As indicated at oral argument, this court expressed some concerns with regard to the recent decision in Landahl v. PPG Industries, Inc., 746 F.2d 1312 (7th Cir.1984), wherein it was decided that DelCostello v. International Brotherhood of Teamsters, 462 U.S. 151, 103 S. Ct. 2281, 76 L. Ed. 2d 476 (1983), should be applied retroactively. An extensive colliquy was held between both counsel and the court in an attempt to carefully analyze Judge Swygert's analysis in Landahl. DelCostello involved the applicable statute of limitations in employment discharge cases under section 301 of 29 U.S.C. § 185, and held that the appropriate statute of limitation to be that in section 10(b) of the Act, namely, 29 U.S.C. § 160(b). In Landahl the court engaged in a careful Huson analysis. In that case there were two prior cases in which the issue decided by DelCostello had been reserved. DelCostello was found not to be a resolution of conflict between the circuits but conflicts in and among the circuits regarding the appropriate statute. In other words, DelCostello was not a break with the past but merely a clarification of existing statutory law. The court also noted that the Supreme Court of the United States had foreshadowed and warned of the DelCostello result in the recent decision of United Parcel Service, Inc. v. Mitchell, 451 U.S. 56, 101 S. Ct. 1559, 67 L. Ed. 2d 732 (1981). The factual and procedure context of Landahl is distinguishable from that in this case, and Landahl does not compel a result contrary to that announced here. One of the critical factors announced in the Wilson v. Garcia opinion was the importance and the nature of the 1983 remedy itself. Given the Huson analysis, it is quite clear that to retroactively apply Wilson v. Garcia would retard rather than to support the values that inhere in that remedy.

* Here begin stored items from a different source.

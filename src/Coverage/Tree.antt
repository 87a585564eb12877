-- ===== src/Coverage/Tree.antt =====
-- Directories as filepath.WalkDir visits them, and the walk of `copyFromParentCommitDir` in
-- pkg/service/coverage/coverage.go.
use test_at_scale.Prelude.{
  String, Bool, false, ◌||◌, Option, List, [], ◌∷◌, ◌++◌, str_eq, any, if◌then◌else◌,
}
use test_at_scale.Errs.{Err, Result, ok, check, ◌>>=◌, ◌>>◌}

-- What stands in a directory, in the order of the walk.
pub data Entries : Type 0 where
  empty : Entries
  file : String → Entries → Entries
  dir : String → Entries → Entries → Entries

-- Whether `Lstat` finds a name in a directory.
unfoldable pub has : String → Entries → Bool
has name empty = false
has name (file n es) = str_eq n name || has name es
has name (dir n sub es) = str_eq n name || has name es

unfoldable pub add_dir : String → Entries → Entries → Entries
add_dir name sub empty = dir name sub empty
add_dir name sub (file n es) = file n (add_dir name sub es)
add_dir name sub (dir n s es) = dir n s (add_dir name sub es)

unfoldable pub remove_first : String → List String → List String
remove_first name [] = []
remove_first name (n ∷ ns) =
    let rest = remove_first name ns in if str_eq name n then ns else n ∷ rest

-- The directory of the commit that is copied to, and the removed files that were not met yet.
pub record Copying : Type 0 where
  pub removed : List String
  pub own : Entries

-- A directory that is not there yet is copied, which can fail.
abbrev pub copy_dir : (String → Option Err) → String → Entries → Copying → Result Copying
copy_dir copy name sub st =
    if has name st.own
    then ok st
    else check (copy name) >> ok (record st { own = add_dir name sub st.own })

-- A directory of a removed file is passed over.
abbrev pub enter : (String → Option Err) → String → Entries → Copying → Result Copying
enter copy name sub st =
    if any (str_eq name) st.removed
    then ok (record st { removed = remove_first name st.removed })
    else copy_dir copy name sub st

-- A directory with the name of the walk's root is not copied itself; the walk goes on inside.
unfoldable pub walk : (String → Option Err) → String → Entries → Copying → Result Copying
walk copy base empty st = ok st
walk copy base (file name es) st = walk copy base es st
walk copy base (dir name sub es) st =
    let inside = walk copy base sub st in
    (if str_eq name base then inside else enter copy name sub st) >>= λ st'. walk copy base es st'

-- The paths of the entries with a name, wherever they stand.
unfoldable pub paths_of : (String → String → String) → String → String → Entries → List String
paths_of join wanted path empty = []
paths_of join wanted path (file name es) =
    let rest = paths_of join wanted path es in
    if str_eq name wanted then join path name ∷ rest else rest
paths_of join wanted path (dir name sub es) =
    let rest = paths_of join wanted (join path name) sub ++ paths_of join wanted path es in
    if str_eq name wanted then join path name ∷ rest else rest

As previously indicated, the equities very strongly lean in favor of this Plaintiff and against her removal from the courthouse by a retroactive application of Wilson v. Garcia. The reasoning and result of Wachovia Bank and Trust Company, N.A. v. National Student Marketing Corporation, 650 F.2d 342 (D.C.Cir.1980), supports this conclusion. The issue here presented has now been carefully briefed and orally argued, and this court reaches the conclusion that it would be most inappropriate to retroactively apply Wilson v. Garcia in this case to foreclose this Plaintiff from her day in court in regard to her complaint under § 1983.

Therefore, the Defendants' motion for judgment on the pleadings filed May 1, 1985, is denied.

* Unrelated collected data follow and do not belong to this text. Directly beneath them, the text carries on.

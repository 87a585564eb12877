-- ===== src/Coverage.antt =====
-- pkg/service/coverage/coverage.go: the coverage of the commits of a build, each on top of the one before.
-- The shared volume is `Volume`, from the path of a directory to what stands in it; requests, blobs, files,
-- the archives and the script that merges answer through `Outside`. The three goroutines that upload the
-- result of a commit are taken one after another, with the first error in that order.
pub mod Tree
pub mod Carry
pub mod Reported
pub mod Tests
use test_at_scale.Prelude.{
  ℕ, String, ◌⧺◌, Bool, true, false, not, ◌&&◌, Option, none, some, List, [], ◌∷◌, ◌++◌, Dict,
  lookup, insert, is_some, has_suffix, trim_suffix, length, ltb, ◌==◌, if◌then◌else◌,
}
use test_at_scale.Errs.{Err, error, Result, ok, err, panicked, check, refuse_if, ◌>>=◌, ◌>>◌}
use test_at_scale.Models.{pos, Payload, CommitChangeList, CoverageManifest}
use test_at_scale.Format.{decimal}
use test_at_scale.Coverage.Tree.{Entries, empty, file, dir, Copying, walk, paths_of}

pub record ParentCommitCoverage : Type 0 where
  pub bloblink : String
  pub parent_commit : String

-- The total stays the text that it was read as.
pub record CoverageData : Type 0 where
  pub build_id : String
  pub repo_id : String
  pub commit_id : String
  pub blob_link : String
  pub total_coverage : String

-- `coverage_url` is the endpoint with a query; `blob_url` is a link with a path that is joined to its own.
pub record Outside : Type 0 where
  pub join : List String → String
  pub base_name : String → String
  pub parent_dir : String
  pub tmp_dir : String
  pub not_exist : String → Err
  pub coverage_url : String → String → Result String
  pub blob_url : String → String → Result String
  pub get : String → Result (ℕ × String)
  pub post : List CoverageData → Result ℕ
  pub decode_parent : String → Result ParentCommitCoverage
  pub save : String → String → Option Err
  pub decompress : String → String → Option Err
  pub unpacked : String → Entries
  pub copy_dir : String → String → Option Err
  pub read_file : String → Result String
  pub decode_manifest : String → Result CoverageManifest
  pub decode_totals : String → Result (Dict String)
  pub execute : List String → Option Err
  pub compress : String → String → String → Option Err
  pub open_file : String → Option Err
  pub create : String → String → Result String

abbrev pub Volume : Type 0
Volume = Dict Entries

abbrev pub present : Err → Option Entries → Result Entries
present e none = err e
present e (some es) = ok es

abbrev pub existing : Outside → Volume → String → Result Entries
existing io vol path = present (io.not_exist path) (lookup path vol)

abbrev pub copy_of : Outside → String → String → String → Option Err
copy_of io parent_dir commit_dir name =
    io.copy_dir (io.join (parent_dir ∷ name ∷ [])) (io.join (commit_dir ∷ name ∷ []))

abbrev expect_200 : Err → ℕ × String → Result String
expect_200 e (status, body) = refuse_if (not (status == 200)) e >> ok body

unfoldable pub get_parent_commit_coverage_dir :
    Outside → String → String → Result ParentCommitCoverage
get_parent_commit_coverage_dir io repo_id commit_id = do
  url ← io.coverage_url repo_id commit_id
  resp ← io.get url
  body ← expect_200 (error "non 200 status") resp
  io.decode_parent body

abbrev non_200 : String → ℕ → Err
non_200 url status =
    error (
      "non 200 status while cloning from endpoint "
      ⧺ url
      ⧺ ", status "
      ⧺ decimal (pos status)
      ⧺ " ")

-- What the archive of the parent commit holds is copied to the volume.
unfoldable pub download_parent : Outside → Volume → ParentCommitCoverage → String → Result Volume
download_parent io vol coverage repo_dir = do
  url ← io.blob_url coverage.bloblink "coverage-files.tzst"
  resp ← io.get url
  body ← expect_200 (non_200 url resp.0) resp
  let archive = io.join (repo_dir ∷ (coverage.parent_commit ⧺ ".tzst") ∷ [])
  let source = io.join (io.tmp_dir ∷ coverage.parent_commit ∷ [])
  let target = io.join (repo_dir ∷ coverage.parent_commit ∷ [])
  check (io.save archive body)
  check (io.decompress archive io.tmp_dir)
  check (io.copy_dir source target)
  ok (insert target (io.unpacked coverage.parent_commit) vol)

unfoldable pub copy_from_parent_commit_dir :
    Outside → Volume → String → String → List String → Entries → Result Entries
copy_from_parent_commit_dir io vol parent_dir commit_dir removed own = do
  es ← existing io vol parent_dir
  st ←
      walk (copy_of io parent_dir commit_dir) (io.base_name parent_dir) es
        (record { removed = removed; own = own })
  ok st.own

unfoldable pub parse_manifest_file : Outside → String → Result CoverageManifest
parse_manifest_file io path = do body ← io.read_file path; io.decode_manifest body

-- `strings.Join(paths, " ")`
unfoldable pub spaced : List String → String
spaced [] = ""
spaced (path ∷ []) = path
spaced (path ∷ next ∷ paths) = path ⧺ " " ⧺ spaced (next ∷ paths)

abbrev pub merge_command : String → String → Bool → List String → String
merge_command commit_dir manifest_path threshold paths =
    let command =
      "/scripts/node_modules/.bin/babel-node /scripts/mapCoverage.js --commitDir "
      ⧺ commit_dir
      ⧺ " --coverageFiles '"
      ⧺ spaced paths
      ⧺ "'" in
    if threshold then command ⧺ " --coverageManifest " ⧺ manifest_path else command

-- The directory of the commit is there, so the skipped merge of a missing one does not occur here.
unfoldable pub merge_code_coverage_files :
    Outside → Entries → String → String → Bool → Result (Unit {0})
unfolding spaced
merge_code_coverage_files io es commit_dir manifest_path threshold = do
  let paths = paths_of (λ path name. io.join (path ∷ name ∷ [])) "coverage-final.json" commit_dir es
  refuse_if (length paths == 0) (error "no coverage dirs found")
  check (io.execute (merge_command commit_dir manifest_path threshold paths ∷ []))

unfoldable pub upload_file : Outside → String → String → String → Result String
upload_file io blob_path filename commit = do
  check (io.open_file filename)
  io.create (blob_path ⧺ "/" ⧺ commit ⧺ "/" ⧺ io.base_name filename)
      (if has_suffix filename ".tzst" then "application/zstd" else "application/json")

abbrev total_in : Dict String → Result String
total_in payload = elim (lookup "total" payload) [
  | none ↦ err (error "total coverage summary not found in map")
  | some total ↦ ok total
]

unfoldable pub get_total_coverage : Outside → String → Result String
get_total_coverage io path = do
  body ← io.read_file path
  payload ← io.decode_totals body
  total_in payload

abbrev pub carried_own :
    Outside → Volume → String → String → CoverageManifest → Entries → Result Entries
carried_own io vol parent_dir commit_dir manifest own =
    if manifest.all_files_executed
    then ok own
    else copy_from_parent_commit_dir io vol parent_dir commit_dir manifest.removed_files own

-- One round of the loop of `MergeAndUpload`.
unfoldable pub merge_commit :
    Outside
    → Payload
    → String
    → String
    → Volume
    → String
    → CommitChangeList
    → Result (Volume × String × CoverageData)
unfolding trim_suffix
merge_commit io payload repo_dir blob_path vol parent_dir commit = do
  let commit_dir = io.join (repo_dir ∷ commit.sha ∷ [])
  let manifest_path = io.join (commit_dir ∷ "manifest.json" ∷ [])
  let merged_path = io.join (commit_dir ∷ "coverage-merged.json" ∷ [])
  own ← existing io vol commit_dir
  manifest ← parse_manifest_file io manifest_path
  es ← carried_own io vol parent_dir commit_dir manifest own
  merge_code_coverage_files io es commit_dir manifest_path manifest.has_threshold
  check (io.compress "coverage-files.tzst" repo_dir commit.sha)
  archive ← upload_file io blob_path "coverage-files.tzst" commit.sha
  blob ← upload_file io blob_path merged_path commit.sha
  total ← get_total_coverage io merged_path
  ok (
    insert commit_dir es vol,
    commit_dir,
    record {
      build_id = payload.build_id;
      repo_id = payload.repo_id;
      commit_id = commit.sha;
      blob_link = trim_suffix blob "/coverage-merged.json";
      total_coverage = total;
    },
  )

unfoldable pub merge_commits :
    Outside
    → Payload
    → String
    → String
    → Volume
    → String
    → List CommitChangeList
    → Result (Volume × List CoverageData)
merge_commits io payload repo_dir blob_path vol parent_dir [] = ok (vol, [])
merge_commits io payload repo_dir blob_path vol parent_dir (commit ∷ commits) = do
  done ← merge_commit io payload repo_dir blob_path vol parent_dir commit
  rest ← merge_commits io payload repo_dir blob_path done.0 done.1 commits
  ok (rest.0, done.2 ∷ rest.1)

-- The directory of the parent commit is the empty path where there is none.
unfoldable pub start_from : Outside → Payload → String → Volume → Result (Volume × String)
unfolding get_parent_commit_coverage_dir download_parent
start_from io payload repo_dir vol =
    if payload.parent_commit_coverage_exists
    then (do
      coverage ← get_parent_commit_coverage_dir io payload.repo_id payload.build_base_commit
      vol' ← download_parent io vol coverage repo_dir
      ok (vol', io.join (repo_dir ∷ coverage.parent_commit ∷ [])))
    else ok (vol, "")

unfoldable pub send_coverage_data : Outside → List CoverageData → Result (Unit {0})
send_coverage_data io payload = do
  status ← io.post payload
  refuse_if (not (status == 200)) (error "non 200 status")

unfoldable pub merge_and_upload : Outside → Payload → Volume → Result (Volume × List CoverageData)
unfolding start_from merge_commits send_coverage_data
merge_and_upload io payload vol = do
  let repo_dir = io.join (io.parent_dir ∷ payload.org_id ∷ payload.repo_id ∷ [])
  let blob_path = io.join (payload.git_provider ∷ payload.org_id ∷ payload.repo_id ∷ [])
  start ← start_from io payload repo_dir vol
  merged ← merge_commits io payload repo_dir blob_path start.0 start.1 payload.commits
  send_coverage_data io merged.1
  ok merged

[*] Sitting by designation pursuant to 28 U.S.C. § 292.

[1] Kolar v. County of Sangamon of State of Illinois, 756 F.2d 564 (7th Cir.1985); Sacks Brothers Loan Co., Inc. v. Cunningham, 578 F.2d 172 (7th Cir. 1978); Teague v. Caterpillar Tractor Co., 566 F.2d 7 (7th Cir.1977); Williams v. Fulton County Jail, 575 F. Supp. 306 (N.D.Ill.1983); Gates v. Montalbano, 555 F. Supp. 708 (N.D.Ill. 1983); Killingham v. Board of Governors of State Colleges and Universities, 549 F. Supp. 525 (N.D.Ill.1982); Hampton v. Hanrahan, 522 F. Supp. 140 (N.D.Ill.1981); Hermes v. Hein, 479 F. Supp. 820 (N.D.Ill.1979); Hurst v. Hederman, 451 F. Supp. 1354, 1355 (N.D.Ill.1978); Canada v. United Parcel Service, Inc., 446 F. Supp. 1048 (N.D.Ill.1978); Lawson v. Metropolitan Sanitary District of Greater Chicago, 102 F.R.D. 783 (N.D. Ill.1983); Hernandez v. United Fire Insurance Co., 79 F.R.D. 419 (N.D.Ill.1978).